Records for processing =>
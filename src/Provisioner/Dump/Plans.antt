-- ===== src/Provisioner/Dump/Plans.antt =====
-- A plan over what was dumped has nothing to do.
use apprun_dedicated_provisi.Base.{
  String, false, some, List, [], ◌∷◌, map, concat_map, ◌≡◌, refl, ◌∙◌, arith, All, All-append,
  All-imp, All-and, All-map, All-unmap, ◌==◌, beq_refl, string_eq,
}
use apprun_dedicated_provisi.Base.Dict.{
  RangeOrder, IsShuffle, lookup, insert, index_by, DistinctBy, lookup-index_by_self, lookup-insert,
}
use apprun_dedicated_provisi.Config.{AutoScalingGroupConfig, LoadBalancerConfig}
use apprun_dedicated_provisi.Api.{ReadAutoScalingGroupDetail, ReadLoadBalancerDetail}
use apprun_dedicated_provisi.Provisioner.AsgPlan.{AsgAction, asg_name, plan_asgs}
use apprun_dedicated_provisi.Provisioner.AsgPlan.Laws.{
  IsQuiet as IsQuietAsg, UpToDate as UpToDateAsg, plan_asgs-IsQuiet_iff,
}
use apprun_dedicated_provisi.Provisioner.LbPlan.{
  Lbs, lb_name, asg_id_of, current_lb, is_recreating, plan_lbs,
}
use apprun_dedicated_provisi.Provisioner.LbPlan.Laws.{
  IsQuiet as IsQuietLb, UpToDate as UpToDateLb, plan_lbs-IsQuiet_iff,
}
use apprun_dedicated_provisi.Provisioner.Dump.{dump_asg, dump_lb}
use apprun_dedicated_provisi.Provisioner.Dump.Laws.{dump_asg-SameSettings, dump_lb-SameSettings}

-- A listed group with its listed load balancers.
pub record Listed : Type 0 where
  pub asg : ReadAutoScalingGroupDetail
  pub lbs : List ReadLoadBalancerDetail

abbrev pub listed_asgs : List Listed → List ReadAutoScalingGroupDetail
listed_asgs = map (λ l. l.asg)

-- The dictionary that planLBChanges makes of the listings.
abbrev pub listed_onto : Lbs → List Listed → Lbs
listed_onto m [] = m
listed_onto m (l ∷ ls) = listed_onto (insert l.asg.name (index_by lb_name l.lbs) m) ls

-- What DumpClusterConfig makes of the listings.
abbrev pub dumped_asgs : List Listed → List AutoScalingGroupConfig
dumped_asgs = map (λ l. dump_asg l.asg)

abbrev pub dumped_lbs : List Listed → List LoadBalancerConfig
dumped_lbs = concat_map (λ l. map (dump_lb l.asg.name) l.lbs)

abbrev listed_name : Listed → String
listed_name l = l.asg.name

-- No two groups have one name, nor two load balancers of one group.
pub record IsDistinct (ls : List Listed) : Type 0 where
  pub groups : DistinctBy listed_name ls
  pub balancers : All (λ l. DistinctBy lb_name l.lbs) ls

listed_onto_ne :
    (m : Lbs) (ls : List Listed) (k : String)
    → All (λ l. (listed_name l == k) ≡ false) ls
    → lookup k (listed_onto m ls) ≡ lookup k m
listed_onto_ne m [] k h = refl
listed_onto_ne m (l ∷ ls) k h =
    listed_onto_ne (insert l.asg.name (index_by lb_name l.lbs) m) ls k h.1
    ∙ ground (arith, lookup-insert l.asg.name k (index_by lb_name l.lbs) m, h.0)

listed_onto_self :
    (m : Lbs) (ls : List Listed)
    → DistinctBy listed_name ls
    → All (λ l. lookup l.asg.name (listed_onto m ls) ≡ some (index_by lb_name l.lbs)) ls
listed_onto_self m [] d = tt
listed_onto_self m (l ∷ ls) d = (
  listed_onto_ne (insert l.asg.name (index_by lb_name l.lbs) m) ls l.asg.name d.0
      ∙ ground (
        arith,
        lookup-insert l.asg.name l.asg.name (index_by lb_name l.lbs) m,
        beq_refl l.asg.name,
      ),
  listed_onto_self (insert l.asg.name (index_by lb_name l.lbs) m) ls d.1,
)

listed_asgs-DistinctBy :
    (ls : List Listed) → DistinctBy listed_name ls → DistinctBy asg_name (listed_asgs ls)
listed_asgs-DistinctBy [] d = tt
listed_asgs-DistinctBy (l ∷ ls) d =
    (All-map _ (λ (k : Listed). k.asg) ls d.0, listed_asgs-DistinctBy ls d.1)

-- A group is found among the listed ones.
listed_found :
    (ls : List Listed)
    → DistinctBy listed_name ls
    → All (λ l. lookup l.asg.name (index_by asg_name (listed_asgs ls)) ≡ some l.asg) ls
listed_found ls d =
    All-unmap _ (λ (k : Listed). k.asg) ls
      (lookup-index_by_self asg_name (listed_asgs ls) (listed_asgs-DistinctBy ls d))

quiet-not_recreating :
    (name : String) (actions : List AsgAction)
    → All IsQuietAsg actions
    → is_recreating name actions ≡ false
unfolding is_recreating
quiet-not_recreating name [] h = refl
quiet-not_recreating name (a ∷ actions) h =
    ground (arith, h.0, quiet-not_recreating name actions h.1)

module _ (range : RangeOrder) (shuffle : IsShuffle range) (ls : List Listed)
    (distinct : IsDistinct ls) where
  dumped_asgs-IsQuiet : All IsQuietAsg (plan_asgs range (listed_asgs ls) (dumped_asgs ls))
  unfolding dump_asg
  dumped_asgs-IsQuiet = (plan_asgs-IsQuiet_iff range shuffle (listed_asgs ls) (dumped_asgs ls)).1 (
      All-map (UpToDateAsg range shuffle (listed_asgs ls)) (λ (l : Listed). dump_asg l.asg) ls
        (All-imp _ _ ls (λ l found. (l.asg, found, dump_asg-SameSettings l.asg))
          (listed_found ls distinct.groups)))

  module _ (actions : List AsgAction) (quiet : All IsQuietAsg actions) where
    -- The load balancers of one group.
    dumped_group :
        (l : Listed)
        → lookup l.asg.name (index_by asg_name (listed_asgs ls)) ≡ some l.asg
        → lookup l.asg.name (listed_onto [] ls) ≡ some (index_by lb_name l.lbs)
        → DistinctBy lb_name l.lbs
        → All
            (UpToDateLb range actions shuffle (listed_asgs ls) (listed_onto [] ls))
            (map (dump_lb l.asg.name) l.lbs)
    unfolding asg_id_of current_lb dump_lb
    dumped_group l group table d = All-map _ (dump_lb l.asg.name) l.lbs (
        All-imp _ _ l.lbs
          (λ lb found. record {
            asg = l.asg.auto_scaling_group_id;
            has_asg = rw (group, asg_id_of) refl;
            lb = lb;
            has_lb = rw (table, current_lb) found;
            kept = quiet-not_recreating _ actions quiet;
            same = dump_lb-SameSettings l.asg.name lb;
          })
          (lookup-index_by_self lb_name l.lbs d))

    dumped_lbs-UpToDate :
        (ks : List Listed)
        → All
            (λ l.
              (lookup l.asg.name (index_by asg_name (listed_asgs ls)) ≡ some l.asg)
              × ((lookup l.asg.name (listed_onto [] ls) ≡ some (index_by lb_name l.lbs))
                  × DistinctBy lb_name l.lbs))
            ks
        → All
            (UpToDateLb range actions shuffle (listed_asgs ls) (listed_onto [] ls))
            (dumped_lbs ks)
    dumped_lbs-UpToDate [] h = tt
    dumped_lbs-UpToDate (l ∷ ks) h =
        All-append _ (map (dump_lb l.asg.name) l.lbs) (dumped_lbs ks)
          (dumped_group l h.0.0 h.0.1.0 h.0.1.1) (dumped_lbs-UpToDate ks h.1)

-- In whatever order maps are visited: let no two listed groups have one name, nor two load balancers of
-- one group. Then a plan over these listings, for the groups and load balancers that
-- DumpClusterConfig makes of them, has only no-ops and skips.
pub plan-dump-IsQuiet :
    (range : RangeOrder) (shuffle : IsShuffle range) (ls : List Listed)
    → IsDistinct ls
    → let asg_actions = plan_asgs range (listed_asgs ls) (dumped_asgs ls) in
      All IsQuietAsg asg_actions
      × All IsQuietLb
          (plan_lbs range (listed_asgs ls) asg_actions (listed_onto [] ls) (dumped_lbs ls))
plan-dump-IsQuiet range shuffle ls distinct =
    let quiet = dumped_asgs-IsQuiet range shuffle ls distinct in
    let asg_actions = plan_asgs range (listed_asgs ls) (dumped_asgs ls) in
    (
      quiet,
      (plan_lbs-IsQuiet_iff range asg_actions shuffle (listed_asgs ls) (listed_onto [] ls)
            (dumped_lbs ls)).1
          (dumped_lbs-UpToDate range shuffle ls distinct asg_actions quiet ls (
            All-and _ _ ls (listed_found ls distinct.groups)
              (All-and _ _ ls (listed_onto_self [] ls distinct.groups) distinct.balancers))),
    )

==

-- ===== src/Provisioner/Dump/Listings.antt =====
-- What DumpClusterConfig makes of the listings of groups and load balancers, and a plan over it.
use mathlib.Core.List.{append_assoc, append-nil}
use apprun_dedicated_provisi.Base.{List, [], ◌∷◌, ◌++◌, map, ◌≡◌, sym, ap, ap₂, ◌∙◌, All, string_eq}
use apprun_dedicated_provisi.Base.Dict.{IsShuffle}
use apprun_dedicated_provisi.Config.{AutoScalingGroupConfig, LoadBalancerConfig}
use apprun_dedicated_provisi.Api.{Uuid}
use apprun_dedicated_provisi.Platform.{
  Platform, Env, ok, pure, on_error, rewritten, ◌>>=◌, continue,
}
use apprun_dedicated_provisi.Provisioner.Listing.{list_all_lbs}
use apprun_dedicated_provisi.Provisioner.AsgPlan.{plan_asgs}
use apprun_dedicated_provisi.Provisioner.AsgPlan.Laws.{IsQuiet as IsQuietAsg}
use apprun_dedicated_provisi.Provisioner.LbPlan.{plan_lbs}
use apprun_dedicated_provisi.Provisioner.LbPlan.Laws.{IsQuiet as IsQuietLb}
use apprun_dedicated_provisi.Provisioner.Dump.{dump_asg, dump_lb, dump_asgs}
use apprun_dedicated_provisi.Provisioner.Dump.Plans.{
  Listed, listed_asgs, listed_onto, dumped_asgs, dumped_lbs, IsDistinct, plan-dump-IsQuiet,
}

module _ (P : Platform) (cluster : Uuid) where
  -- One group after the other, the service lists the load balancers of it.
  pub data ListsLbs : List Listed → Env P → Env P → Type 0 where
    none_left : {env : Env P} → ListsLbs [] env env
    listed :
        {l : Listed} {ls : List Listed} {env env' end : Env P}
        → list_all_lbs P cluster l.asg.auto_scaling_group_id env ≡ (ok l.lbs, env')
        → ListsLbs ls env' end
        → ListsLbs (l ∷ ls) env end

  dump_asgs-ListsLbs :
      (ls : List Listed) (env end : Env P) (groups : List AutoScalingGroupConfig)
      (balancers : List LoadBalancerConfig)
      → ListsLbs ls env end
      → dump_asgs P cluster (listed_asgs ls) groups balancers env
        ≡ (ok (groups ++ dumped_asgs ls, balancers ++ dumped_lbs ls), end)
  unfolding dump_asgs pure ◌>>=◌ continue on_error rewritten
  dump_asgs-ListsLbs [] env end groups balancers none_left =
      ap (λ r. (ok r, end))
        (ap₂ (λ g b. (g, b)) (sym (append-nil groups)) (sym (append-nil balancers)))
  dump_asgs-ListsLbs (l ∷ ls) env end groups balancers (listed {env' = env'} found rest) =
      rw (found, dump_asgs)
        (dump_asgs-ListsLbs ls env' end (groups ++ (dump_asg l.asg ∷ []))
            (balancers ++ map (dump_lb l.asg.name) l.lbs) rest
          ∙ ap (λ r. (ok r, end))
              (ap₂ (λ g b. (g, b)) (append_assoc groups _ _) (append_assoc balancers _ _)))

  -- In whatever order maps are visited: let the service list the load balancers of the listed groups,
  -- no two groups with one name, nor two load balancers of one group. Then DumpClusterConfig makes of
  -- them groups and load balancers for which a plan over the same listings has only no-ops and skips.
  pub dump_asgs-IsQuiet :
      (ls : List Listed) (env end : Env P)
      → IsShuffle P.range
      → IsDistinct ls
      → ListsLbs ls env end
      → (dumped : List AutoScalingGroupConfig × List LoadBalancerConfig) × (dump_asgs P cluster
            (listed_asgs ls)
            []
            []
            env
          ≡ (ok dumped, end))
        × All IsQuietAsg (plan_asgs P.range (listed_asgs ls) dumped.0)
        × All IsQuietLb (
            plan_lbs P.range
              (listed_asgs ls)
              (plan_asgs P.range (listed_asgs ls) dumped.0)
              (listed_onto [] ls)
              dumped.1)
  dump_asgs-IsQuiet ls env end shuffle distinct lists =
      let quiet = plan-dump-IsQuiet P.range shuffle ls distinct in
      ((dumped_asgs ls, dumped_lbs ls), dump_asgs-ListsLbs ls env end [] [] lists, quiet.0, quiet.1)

--

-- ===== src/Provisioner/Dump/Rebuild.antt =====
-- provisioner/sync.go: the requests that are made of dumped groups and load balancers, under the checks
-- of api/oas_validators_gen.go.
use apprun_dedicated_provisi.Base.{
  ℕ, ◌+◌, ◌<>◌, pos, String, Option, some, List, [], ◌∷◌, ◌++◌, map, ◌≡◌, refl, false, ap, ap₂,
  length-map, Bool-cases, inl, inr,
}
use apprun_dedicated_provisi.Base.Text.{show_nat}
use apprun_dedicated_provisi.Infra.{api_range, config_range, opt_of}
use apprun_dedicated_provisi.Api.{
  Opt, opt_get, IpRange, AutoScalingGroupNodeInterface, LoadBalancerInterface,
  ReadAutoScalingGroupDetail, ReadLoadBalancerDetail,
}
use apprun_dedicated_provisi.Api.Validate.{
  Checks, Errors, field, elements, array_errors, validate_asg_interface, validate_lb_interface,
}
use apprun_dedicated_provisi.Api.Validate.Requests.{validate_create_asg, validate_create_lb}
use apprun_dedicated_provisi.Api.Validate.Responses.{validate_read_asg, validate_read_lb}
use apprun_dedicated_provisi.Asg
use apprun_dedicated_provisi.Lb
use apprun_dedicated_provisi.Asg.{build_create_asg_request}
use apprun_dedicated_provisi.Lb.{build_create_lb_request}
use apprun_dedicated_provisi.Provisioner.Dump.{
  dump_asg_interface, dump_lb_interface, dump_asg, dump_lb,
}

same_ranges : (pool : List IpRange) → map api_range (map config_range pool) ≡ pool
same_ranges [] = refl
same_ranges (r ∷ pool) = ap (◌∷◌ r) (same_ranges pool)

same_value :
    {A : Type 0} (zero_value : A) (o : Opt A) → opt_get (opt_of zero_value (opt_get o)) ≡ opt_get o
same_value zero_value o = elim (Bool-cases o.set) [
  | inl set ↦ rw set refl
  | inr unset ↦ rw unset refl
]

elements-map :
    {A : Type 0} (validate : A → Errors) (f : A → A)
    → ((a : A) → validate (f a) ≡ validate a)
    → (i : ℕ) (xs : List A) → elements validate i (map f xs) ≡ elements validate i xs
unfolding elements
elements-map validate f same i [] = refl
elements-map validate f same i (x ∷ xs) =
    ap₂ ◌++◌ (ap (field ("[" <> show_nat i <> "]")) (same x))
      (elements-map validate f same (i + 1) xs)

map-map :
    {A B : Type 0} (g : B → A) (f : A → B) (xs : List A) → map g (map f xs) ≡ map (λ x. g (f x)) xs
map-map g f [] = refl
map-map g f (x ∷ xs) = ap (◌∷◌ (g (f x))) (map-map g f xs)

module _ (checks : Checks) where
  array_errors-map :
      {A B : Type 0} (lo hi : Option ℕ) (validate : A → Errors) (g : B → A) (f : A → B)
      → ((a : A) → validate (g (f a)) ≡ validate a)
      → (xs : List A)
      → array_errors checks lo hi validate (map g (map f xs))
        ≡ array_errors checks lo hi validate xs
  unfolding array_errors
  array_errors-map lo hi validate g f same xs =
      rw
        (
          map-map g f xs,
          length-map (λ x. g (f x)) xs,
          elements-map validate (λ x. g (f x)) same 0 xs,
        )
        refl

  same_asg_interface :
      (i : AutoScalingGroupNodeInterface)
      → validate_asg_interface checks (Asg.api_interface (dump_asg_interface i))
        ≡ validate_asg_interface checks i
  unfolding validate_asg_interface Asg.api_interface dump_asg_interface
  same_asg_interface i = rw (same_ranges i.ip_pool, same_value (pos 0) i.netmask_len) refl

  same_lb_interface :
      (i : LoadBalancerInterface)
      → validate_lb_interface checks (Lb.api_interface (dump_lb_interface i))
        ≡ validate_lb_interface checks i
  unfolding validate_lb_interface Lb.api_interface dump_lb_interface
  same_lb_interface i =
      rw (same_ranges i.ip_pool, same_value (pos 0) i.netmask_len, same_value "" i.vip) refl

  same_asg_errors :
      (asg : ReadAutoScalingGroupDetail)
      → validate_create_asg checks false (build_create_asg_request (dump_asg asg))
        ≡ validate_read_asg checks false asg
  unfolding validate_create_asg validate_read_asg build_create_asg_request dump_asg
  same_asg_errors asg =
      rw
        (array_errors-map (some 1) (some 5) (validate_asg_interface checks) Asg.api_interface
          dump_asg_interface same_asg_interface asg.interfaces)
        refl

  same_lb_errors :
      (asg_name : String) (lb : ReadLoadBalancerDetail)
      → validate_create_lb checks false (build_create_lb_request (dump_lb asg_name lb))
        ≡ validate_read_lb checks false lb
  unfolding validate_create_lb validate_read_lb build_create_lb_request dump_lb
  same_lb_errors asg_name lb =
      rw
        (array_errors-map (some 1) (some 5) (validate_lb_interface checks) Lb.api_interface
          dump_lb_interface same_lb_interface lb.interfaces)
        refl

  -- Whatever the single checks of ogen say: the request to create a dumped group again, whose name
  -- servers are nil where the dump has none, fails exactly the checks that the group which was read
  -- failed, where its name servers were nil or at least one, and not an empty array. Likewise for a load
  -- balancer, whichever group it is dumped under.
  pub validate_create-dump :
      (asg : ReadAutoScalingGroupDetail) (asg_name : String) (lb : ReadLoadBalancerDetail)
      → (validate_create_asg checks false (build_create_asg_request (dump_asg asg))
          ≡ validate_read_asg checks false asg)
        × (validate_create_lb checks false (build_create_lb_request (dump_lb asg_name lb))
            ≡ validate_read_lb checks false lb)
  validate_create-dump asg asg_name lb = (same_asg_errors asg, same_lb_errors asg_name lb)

Your task => Out of the data above, give again only the lines starting at the one holding "(asg : ReadAutoScalingGroupDetail) (asg_name" and ending at the one holding "validate_create-dump asg asg_name", unchanged.

Answer to the problem =>
      (asg : ReadAutoScalingGroupDetail) (asg_name : String) (lb : ReadLoadBalancerDetail)
      → (validate_create_asg checks false (build_create_asg_request (dump_asg asg))
          ≡ validate_read_asg checks false asg)
        × (validate_create_lb checks false (build_create_lb_request (dump_lb asg_name lb))
            ≡ validate_read_lb checks false lb)
  validate_create-dump asg asg_name lb = (same_asg_errors asg, same_lb_errors asg_name lb)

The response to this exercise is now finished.